Discovery Technologies, Merck Healthcare KGaA, the healthcare business of Merck KGaA, Darmstadt, Germany.
Mol Cancer Ther. 2024 Feb 1;23(2):159-173. doi: 10.1158/1535-7163.MCT-23-0102.
N-terminal processing by methionine aminopeptidases (MetAP) is a crucial step in the maturation of proteins during protein biosynthesis. Small-molecule inhibitors of MetAP2 have antiangiogenic and antitumoral activity. Herein, we characterize the structurally novel MetAP2 inhibitor M8891. M8891 is a potent, selective, reversible small-molecule inhibitor blocking the growth of human endothelial cells and differentially inhibiting cancer cell growth. A CRISPR genome-wide screen identified the tumor suppressor p53 and MetAP1/MetAP2 as determinants of resistance and sensitivity to pharmacologic MetAP2 inhibition. A newly identified substrate of MetAP2, translation elongation factor 1-alpha-1 (EF1a-1), served as a pharmacodynamic biomarker to follow target inhibition in cell and mouse studies. Robust angiogenesis and tumor growth inhibition was observed with M8891 monotherapy. In combination with VEGF receptor inhibitors, tumor stasis and regression occurred in patient-derived xenograft renal cell carcinoma models, particularly those that were p53 wild-type, had Von Hippel-Landau gene (VHL) loss-of-function mutations, and a mid/high MetAP1/2 expression score.
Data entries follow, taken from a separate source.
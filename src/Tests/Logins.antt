-- ===== src/Tests/Logins.antt =====
-- Runs of the parser of the client's handshake response, and instances of its theorems.
use ohmydb_proxy.Prelude.{
  Bytes, [], bit_and, decode_utf8, err, false, from_bytes_le, is_mysql_error, lit, none, ok, refl,
  true, ℕ, ◌!=◌, ◌&&◌, ◌++◌, ◌∷◌, ◌≡◌,
}
use ohmydb_proxy.MySql.Constants.{}
use ohmydb_proxy.MySql.Command.{mysql_error}
use ohmydb_proxy.MySql.Lenenc.{}
use ohmydb_proxy.MySql.Response.{}
use ohmydb_proxy.MySql.Handshake.{parse_handshake_response}
use ohmydb_proxy.MySql.Handshake.Laws.{
  announced_flags, four_bytes, parse_handshake_response-OnlyMySqlErrors,
  parse_handshake_response_request, response_bytes,
}

-- The fixed part of a response, with the two low bytes of its capabilities.
abbrev pub fixed_part : ℕ → ℕ → Bytes
fixed_part b0 b1 =
    b0 ∷ b1 ∷ 0 ∷ 0 ∷ 0 ∷ 0 ∷ 0 ∷ 0 ∷ 8 ∷ 0 ∷ 0 ∷ 0 ∷ 0 ∷ 0 ∷ 0 ∷ 0 ∷ 0 ∷ 0 ∷ 0 ∷ 0 ∷ 0 ∷ 0 ∷ 0 ∷ 0
    ∷ 0 ∷ 0 ∷ 0 ∷ 0 ∷ 0 ∷ 0 ∷ 0 ∷ 0 ∷ []

-- The user "me" with two bytes of authentication data, under CLIENT_SECURE_CONNECTION.
abbrev pub login : Bytes
login = fixed_part 0x01 0x82 ++ (109 ∷ 101 ∷ 0 ∷ 2 ∷ 7 ∷ 7 ∷ [])

login_is_read :
    parse_handshake_response login
    ≡ ok (record {
      capability_flags = 0x8201;
      username = 109 ∷ 101 ∷ [];
      database = none;
      auth_plugin = none;
      is_ssl_request = false;
    })
unfolding parse_handshake_response from_bytes_le decode_utf8
login_is_read = refl

tls_is_read :
    parse_handshake_response (fixed_part 0x01 0x0a)
    ≡ ok (record {
      capability_flags = 0x0a01;
      username = [];
      database = none;
      auth_plugin = none;
      is_ssl_request = true;
    })
unfolding parse_handshake_response from_bytes_le
tls_is_read = refl

no_user :
    parse_handshake_response (fixed_part 0x01 0x82)
    ≡ err (mysql_error "MySQL handshake response username is not null terminated")
unfolding parse_handshake_response from_bytes_le lit
no_user = refl

parse_handshake_response-OnlyMySqlErrors_example :
    is_mysql_error (mysql_error "MySQL handshake response username is not null terminated") ≡ true
parse_handshake_response-OnlyMySqlErrors_example =
    parse_handshake_response-OnlyMySqlErrors (fixed_part 0x01 0x82)
      (mysql_error "MySQL handshake response username is not null terminated") no_user

-- The fixed part between its first and its last four bytes.
abbrev middle_part : Bytes
middle_part =
    0 ∷ 0 ∷ 0 ∷ 0 ∷ 8 ∷ 0 ∷ 0 ∷ 0 ∷ 0 ∷ 0 ∷ 0 ∷ 0 ∷ 0 ∷ 0 ∷ 0 ∷ 0 ∷ 0 ∷ 0 ∷ 0 ∷ 0 ∷ 0 ∷ 0 ∷ 0 ∷ 0
    ∷ []

-- A request for TLS under the capabilities 0x0a00 and, extended, 0x10.
extended_is_read :
    parse_handshake_response (response_bytes 0x00 0x0a 0 0 middle_part 0x10 0 0 0 [])
    ≡ ok (record {
      capability_flags = 0x1000000a00;
      username = [];
      database = none;
      auth_plugin = none;
      is_ssl_request = true;
    })
unfolding parse_handshake_response from_bytes_le
extended_is_read = refl

parse_handshake_response_request_example :
    (0x1000000a00 ≡ announced_flags (four_bytes 0x00 0x0a 0 0) (four_bytes 0x10 0 0 0))
    × (true ≡ (bit_and 0x1000000a00 0x800 != 0 && true))
parse_handshake_response_request_example =
    parse_handshake_response_request 0x00 0x0a 0 0 middle_part 0x10 0 0 0 []
      (record {
        capability_flags = 0x1000000a00;
        username = [];
        database = none;
        auth_plugin = none;
        is_ssl_request = true;
      })
      refl extended_is_read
N-端加工由蛋氨酸氨肽酶(MetAP)完成,这是蛋白质生物合成过程中蛋白质成熟的关键步骤。MetAP2 的小分子抑制剂具有抗血管生成和抗肿瘤活性。本文中,我们对结构新颖的 MetAP2 抑制剂 M8891 进行了表征。M8891 是一种有效的、选择性的、可逆的小分子抑制剂,能抑制人内皮细胞的生长,并能差异抑制癌细胞的生长。CRISPR 全基因组筛选鉴定出肿瘤抑制因子 p53 和 MetAP1/MetAP2 是对药物 MetAP2 抑制产生耐药性和敏感性的决定因素。MetAP2 的一种新鉴定的底物,翻译延伸因子 1-α-1(EF1a-1),可作为药效学生物标志物,用于细胞和小鼠研究中监测靶标抑制情况。M8891 单药治疗可观察到明显的血管生成和肿瘤生长抑制。与 VEGF 受体抑制剂联合使用,在患者来源的肾细胞癌异种移植模型中观察到肿瘤停滞和消退,特别是那些 p53 野生型、VHL 基因(VHL)功能丧失突变、MetAP1/2 表达评分中/高的模型。